Where the Experiment Raises Questions the Industry Isn’t Answering

There are two frictions in this case that deserve more attention than the headline "AI Opens Store."

The first friction is employment without transparency. Luna hired two people without disclosing that the employer was an artificial intelligence system. This is not a minor detail. In most jurisdictions, the nature of the employer is material information for anyone signing a contract. If Luna signed incorporation documents and acts as an employer entity, the question of legal liability in case of labor disputes remains unanswered. Andon Labs acknowledges that the legal and permitting aspects were the only point where the founders had to intervene directly because the agent couldn’t navigate that complexity autonomously. This precisely defines the current limits of the agent: it can execute complex business transactions but cannot manage the regulatory framework surrounding them.
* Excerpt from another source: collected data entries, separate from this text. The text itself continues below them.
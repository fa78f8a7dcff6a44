-- ===== src/English.antt =====
-- English protection: src/core/engine/EnglishProtection.h.
mod Patterns
mod Structure
mod Bias
mod BiasLaws
unfoldable pub use Patterns.*
unfoldable pub use Structure.*
unfoldable pub use Bias.*
unfoldable pub use BiasLaws.*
The second friction is operational: Luna provided incorrect information to customers, including inaccurate descriptions of orders. In a physical store where customer experience relies on face-to-face interactions, an agent that cannot guarantee accuracy in the information it provides to the public isn’t ready to operate without human oversight at that touchpoint. Luna may hire the right staff, negotiate good prices with suppliers, and design the store layout intelligently, but if the critical moment with the customer produces factual errors, the model has a trust issue that back-office data doesn’t resolve.

These two points do not invalidate the experiment; they define it. They are precisely the types of data a well-designed experiment should produce: the edges where the autonomous system needs a human, and the cost of not having one.
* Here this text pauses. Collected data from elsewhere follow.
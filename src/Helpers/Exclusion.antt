-- ===== src/Helpers/Exclusion.antt =====
-- Spell exclusions: prefixes of words that the user exempts from the spell check. The fixed buffer
-- of 16 code units is a list of at most 16.
use nexus_key.Base.{
  ℕ, zero, suc, Bool, true, false, not, ◌&&◌, ◌||◌, ◌==◌, ltb, leb, if◌then◌else◌, List, [], ◌∷◌,
  Wstring, length, min, any,
}
use nexus_key.State.{CharState, Modifier, mod_eq, no_mod, is_vowel, at}
use nexus_key.Letters.{Ctype, compose, strip_tone}
use nexus_key.Config.{TypingConfig}
use nexus_key.Validator.{is_invalid, validate_syllable_state}

abbrev pub max_buf : ℕ
max_buf = 16

-- The composed states in lower case, up to `room` of them; a state that composes to 0 is skipped.
unfoldable pub exclusion_buf : Ctype → ℕ → List CharState → Wstring
exclusion_buf ct zero states = []
exclusion_buf ct (suc room) [] = []
exclusion_buf ct (suc room) (s ∷ states) =
    let skip = exclusion_buf ct (suc room) states in
    let keep = ct.towlower (compose ct s) ∷ exclusion_buf ct room states in
    if compose ct s == 0 then skip else keep

-- The pattern is a prefix of the buffer.
unfoldable pub is_prefix : Wstring → Wstring → Bool
is_prefix [] buf = true
is_prefix (p ∷ pattern_) [] = false
is_prefix (p ∷ pattern_) (c ∷ buf) = p == c && is_prefix pattern_ buf

unfoldable pub any_pattern : (Wstring → Bool) → List Wstring → Bool
any_pattern p [] = false
any_pattern p (pat ∷ exclusions) = not (ltb (length pat) 2) && p pat || any_pattern p exclusions

unfoldable pub is_spell_excluded : Ctype → List CharState → List Wstring → Bool
is_spell_excluded ct states exclusions =
    let buf = exclusion_buf ct max_buf states in
    if length exclusions == 0 || length states == 0
    then false
    else any_pattern (λ pat. is_prefix pat buf) exclusions

-- The value that `UpdateSpellCheck` gives to `spellCheckDisabled`.
unfoldable pub update_spell_check : Ctype → TypingConfig → List CharState → Bool
update_spell_check ct config states =
    if not config.spell_check_enabled || length states == 0
    then false
    else if is_spell_excluded ct states config.spell_exclusions
    then false
    else is_invalid (validate_syllable_state states config.allow_zwjf)

-- The common prefix of a pattern and a buffer agrees.
unfoldable pub agree : (ℕ → ℕ → Bool) → Wstring → Wstring → Bool
agree cmp [] buf = true
agree cmp (p ∷ pattern_) [] = true
agree cmp (p ∷ pattern_) (c ∷ buf) = cmp p c && agree cmp pattern_ buf

unfoldable pub match_exclusion_buf_by : (ℕ → ℕ → Bool) → Wstring → List Wstring → Bool
match_exclusion_buf_by cmp buf exclusions =
    any_pattern (λ pat. not (min (length buf) (length pat) == 0) && agree cmp pat buf) exclusions

-- `MatchExclusionBuf` with `std::equal_to`.
unfoldable pub match_exclusion_buf : Wstring → List Wstring → Bool
match_exclusion_buf = match_exclusion_buf_by (λ a b. a == b)

unfoldable pub match_exclusion_buf_ignore_tone : Ctype → Wstring → List Wstring → Bool
match_exclusion_buf_ignore_tone ct =
    match_exclusion_buf_by (λ a b. strip_tone ct a == strip_tone ct b)

-- `BuildExclusionBuf`: as `exclusion_buf`, with one character in place of that at `idx`.
unfoldable pub build_exclusion_buf : Ctype → ℕ → List CharState → ℕ → ℕ → Wstring
build_exclusion_buf ct zero states idx override_char = []
build_exclusion_buf ct (suc room) [] idx override_char = []
build_exclusion_buf ct (suc room) (s ∷ states) zero override_char =
    let skip = exclusion_buf ct (suc room) states in
    let keep = ct.towlower override_char ∷ exclusion_buf ct room states in
    if override_char == 0 then skip else keep
build_exclusion_buf ct (suc room) (s ∷ states) (suc idx) override_char =
    let skip = build_exclusion_buf ct (suc room) states idx override_char in
    let keep = ct.towlower (compose ct s) ∷ build_exclusion_buf ct room states idx override_char in
    if compose ct s == 0 then skip else keep

unfoldable pub would_tone_match_exclusion : Ctype → List CharState → List Wstring → ℕ → ℕ → Bool
would_tone_match_exclusion ct states exclusions tone_idx toned_char =
    if length exclusions == 0 || length states == 0 || leb (length states) tone_idx
    then false
    else match_exclusion_buf (build_exclusion_buf ct max_buf states tone_idx toned_char) exclusions

unfoldable pub would_modifier_match_exclusion :
    Ctype → List CharState → List Wstring → ℕ → Modifier → Bool
would_modifier_match_exclusion ct states exclusions target m =
    let mod_char = compose ct (record (at states target) { mod_ = m }) in
    if length exclusions == 0 || length states == 0 || leb (length states) target
    then false
    else match_exclusion_buf_ignore_tone ct (build_exclusion_buf ct max_buf states target mod_char)
        exclusions

-- The loop of `WouldAnyModifierMatchExclusion` over `rounds` indices from `i` on; `eligible` is the
-- text of base vowels.
unfoldable pub any_modifier_from :
    Ctype → List CharState → List Wstring → Modifier → Wstring → ℕ → ℕ → Bool
any_modifier_from ct states exclusions m eligible zero i = false
any_modifier_from ct states exclusions m eligible (suc rounds) i =
    is_vowel (at states i)
      && mod_eq (at states i).mod_ no_mod
      && any (λ c. (at states i).base == c) eligible
      && would_modifier_match_exclusion ct states exclusions i m
    || any_modifier_from ct states exclusions m eligible rounds (suc i)

unfoldable pub would_any_modifier_match_exclusion :
    Ctype → List CharState → List Wstring → Modifier → Wstring → Bool
would_any_modifier_match_exclusion ct states exclusions m eligible =
    if length exclusions == 0 || length states == 0
    then false
    else any_modifier_from ct states exclusions m eligible (length states) 0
The Pattern This Case Installs in the Industry

What Andon Market makes visible for any organization evaluating AI agents in real operations is that the autonomy of a system isn’t measured by what it can initiate but by what it can sustain under unpredictable conditions.
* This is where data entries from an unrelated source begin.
-- ===== src/Scan.antt =====
-- The scans of a buffer for the first or the last element that passes a test, and what they find.
-- The loops of the engine that search by index and break are calls of these.
use nexus_key.Base.{
  ℕ, zero, suc, ◌-◌, ◌≤◌, ◌<◌, ◌≡◌, refl, Bool, true, false, Option, none, some, List, [], ◌∷◌, inl,
  inr, length, get_elem?, Bool-cases, Option-cases, if◌then◌else◌, arith,
}

-- The scan from the right over the indices below a bound.
unfoldable pub find_last_at : (ℕ → Bool) → ℕ → Option ℕ
find_last_at p zero = none
find_last_at p (suc i) = let rest = find_last_at p i in if p i then some i else rest

-- The scan from the left over `rounds` indices from `i` on.
unfoldable pub find_first_at : (ℕ → Bool) → ℕ → ℕ → Option ℕ
find_first_at p zero i = none
find_first_at p (suc rounds) i =
    let rest = find_first_at p rounds (suc i) in if p i then some i else rest

-- The index that the scan finds lies below its bound.
pub find_last_at-bound : (p : ℕ → Bool) (n i : ℕ) → find_last_at p n ≡ some i → i < n
unfolding find_last_at
find_last_at-bound p zero i h = ground arith
find_last_at-bound p (suc n) i h = elim (Bool-cases (p n)) [
  | inl t ↦ ground arith
  | inr f ↦ ground (arith, find_last_at-bound p n i)
]

module _ {ℓ} {A : Type ℓ} where
  -- The scan from the right: the last index, counted from `i`, whose vowel passes a test.
  unfoldable pub find_last : (A → Bool) → ℕ → List A → Option ℕ
  find_last p i [] = none
  find_last p i (v ∷ vs) = elim (find_last p (suc i) vs) [
    | some j ↦ some j
    | none ↦ if p v then some i else none
  ]

  -- The scan from the left.
  unfoldable pub find_first : (A → Bool) → ℕ → List A → Option ℕ
  find_first p i [] = none
  find_first p i (v ∷ vs) = let rest = find_first p (suc i) vs in if p v then some i else rest

  -- The element at a position passes a test.
  abbrev pub Holds : (A → Bool) → List A → ℕ → Type ℓ
  Holds p vs i = (v : A) × (get_elem? vs i ≡ some v) × (p v ≡ true)

  -- No element at a position that satisfies a condition passes a test.
  abbrev pub NoneAt : (ℕ → Type 0) → (A → Bool) → List A → Type ℓ
  NoneAt C p vs = (k : ℕ) (v : A) → C k → get_elem? vs k ≡ some v → p v ≡ false

  abbrev pub Nowhere : (A → Bool) → List A → Type ℓ
  Nowhere = NoneAt (λ k. Unit)

  abbrev pub IsLast : (A → Bool) → List A → ℕ → Type ℓ
  IsLast p vs i = Holds p vs i × NoneAt (λ k. i < k) p vs

  abbrev pub IsFirst : (A → Bool) → List A → ℕ → Type ℓ
  IsFirst p vs i = Holds p vs i × NoneAt (λ k. k < i) p vs

  Nowhere-cons :
      (p : A → Bool) (v : A) (vs : List A) → p v ≡ false → Nowhere p vs → Nowhere p (v ∷ vs)
  Nowhere-cons p v vs h n zero w c e = ground arith
  Nowhere-cons p v vs h n (suc k) w c e = n k w tt e

  pub find_last-none : (p : A → Bool) (i : ℕ) (vs : List A) → find_last p i vs ≡ none → Nowhere p vs
  unfolding find_last
  find_last-none p i [] e = λ k v c g. ground arith
  find_last-none p i (v ∷ vs) e =
      Nowhere-cons p v vs (ground arith) (find_last-none p (suc i) vs (ground arith))

  IsLast-cons :
      (p : A → Bool) (v : A) (vs : List A) (i : ℕ) → IsLast p vs i → IsLast p (v ∷ vs) (suc i)
  IsLast-cons p v vs i h = (h.0, after)
    where
      after : NoneAt (λ k. suc i < k) p (v ∷ vs)
      after zero w c e = absurd (omega arith)
      after (suc k) w c e = h.1 k w (omega arith) e

  IsLast-head :
      (p : A → Bool) (v : A) (vs : List A) → p v ≡ true → Nowhere p vs → IsLast p (v ∷ vs) 0
  IsLast-head p v vs h n = ((v, refl, h), after)
    where
      after : NoneAt (λ k. 0 < k) p (v ∷ vs)
      after zero w c e = absurd (omega arith)
      after (suc k) w c e = n k w tt e

  pub find_last-some :
      (p : A → Bool) (i : ℕ) (vs : List A) (j : ℕ)
      → find_last p i vs ≡ some j
      → (i ≤ j) × IsLast p vs (j - i)
  unfolding find_last
  find_last-some p i [] j e = ground arith
  find_last-some p i (v ∷ vs) j e = elim (Option-cases (find_last p (suc i) vs)) [
    | inl n ↦
        (let h : p v ≡ true = ground arith in
          let e' : j ≡ i = ground arith in
          let z : j - i ≡ 0 = omega arith in
          (omega arith, rw z (IsLast-head p v vs h (find_last-none p (suc i) vs n))))
    | inr (j', f) ↦
        (let ih = find_last-some p (suc i) vs j' f in
          let e' : j' ≡ j = ground arith in
          let z : j - i ≡ suc (j' - suc i) = omega arith in
          (omega arith, rw z (IsLast-cons p v vs (j' - suc i) ih.1)))
  ]

  pub find_first-none :
      (p : A → Bool) (i : ℕ) (vs : List A) → find_first p i vs ≡ none → Nowhere p vs
  unfolding find_first
  find_first-none p i [] e = λ k v c g. ground arith
  find_first-none p i (v ∷ vs) e =
      Nowhere-cons p v vs (ground arith) (find_first-none p (suc i) vs (ground arith))

  IsFirst-cons :
      (p : A → Bool) (v : A) (vs : List A) (i : ℕ)
      → p v ≡ false
      → IsFirst p vs i
      → IsFirst p (v ∷ vs) (suc i)
  IsFirst-cons p v vs i n h = (h.0, before)
    where
      before : NoneAt (λ k. k < suc i) p (v ∷ vs)
      before zero w c e = ground arith
      before (suc k) w c e = h.1 k w (omega arith) e

  pub find_first-some :
      (p : A → Bool) (i : ℕ) (vs : List A) (j : ℕ)
      → find_first p i vs ≡ some j
      → (i ≤ j) × IsFirst p vs (j - i)
  unfolding find_first
  find_first-some p i [] j e = ground arith
  find_first-some p i (v ∷ vs) j e = elim (Bool-cases (p v)) [
    | inl h ↦
        (let e' : j ≡ i = ground arith in
          let z : j - i ≡ 0 = omega arith in
          (omega arith, rw z ((v, refl, h), λ k w c g. absurd (omega arith))))
    | inr n ↦
        (let ih = find_first-some p (suc i) vs j (ground arith) in
          let z : j - i ≡ suc (j - suc i) = omega arith in
          (omega arith, rw z (IsFirst-cons p v vs (j - suc i) n ih.1)))
  ]

  pub Holds-lt : (p : A → Bool) (vs : List A) (i : ℕ) → Holds p vs i → i < length vs
  Holds-lt p [] i h = ground arith
  Holds-lt p (v ∷ vs) zero h = omega arith
  Holds-lt p (v ∷ vs) (suc i) h = omega (arith, Holds-lt p vs i h)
Luna demonstrated an impressive kick-off capability. In the equivalent of a launch sprint, it executed tasks that would require weeks of coordination among human resources, operations, design, and purchasing in a traditional enterprise. This brings measurable economic value: it significantly compressed the time to zero for opening a store, and it did so with a level of autonomy that very few systems have achieved in physical environments.

But opening is the easiest part. What comes next—the sustained operation with real employees, real customers, suppliers with deadlines, and a landlord with expectations—is where current agents show their seams. The failure on the first day wasn’t catastrophic because Luna resolved it. The problem is that it shouldn’t have happened in a system that had already successfully executed hiring, negotiations, and logistics.

This suggests that the architecture of current agents handles the complexity of sequential tasks in controlled environments well but struggles for consistency when human variables are unpredictable and concurrent. The gap isn’t in the system's intelligence; it’s in its ability to handle real-time ambiguity when the actors on the other side don’t behave as the protocol expects.

For leaders assessing when and how to incorporate autonomous agents into their operations, this case delivers a more useful signal than any lab demo: the risk isn’t in AI failing to execute a task; it’s in AI executing tasks correctly but within a framework of assumptions that the real world does not respect. Identifying that framework, pricing it, and consciously deciding what level of human oversight compensates for it—that's what separates an experiment from a strategy. Leaders who build on operational evidence and adjust in short cycles don’t need to wait three years of leasing to know if the model works; they need to design from the outset the checkpoints where field data compels them to correct things before the cost becomes too high to ignore.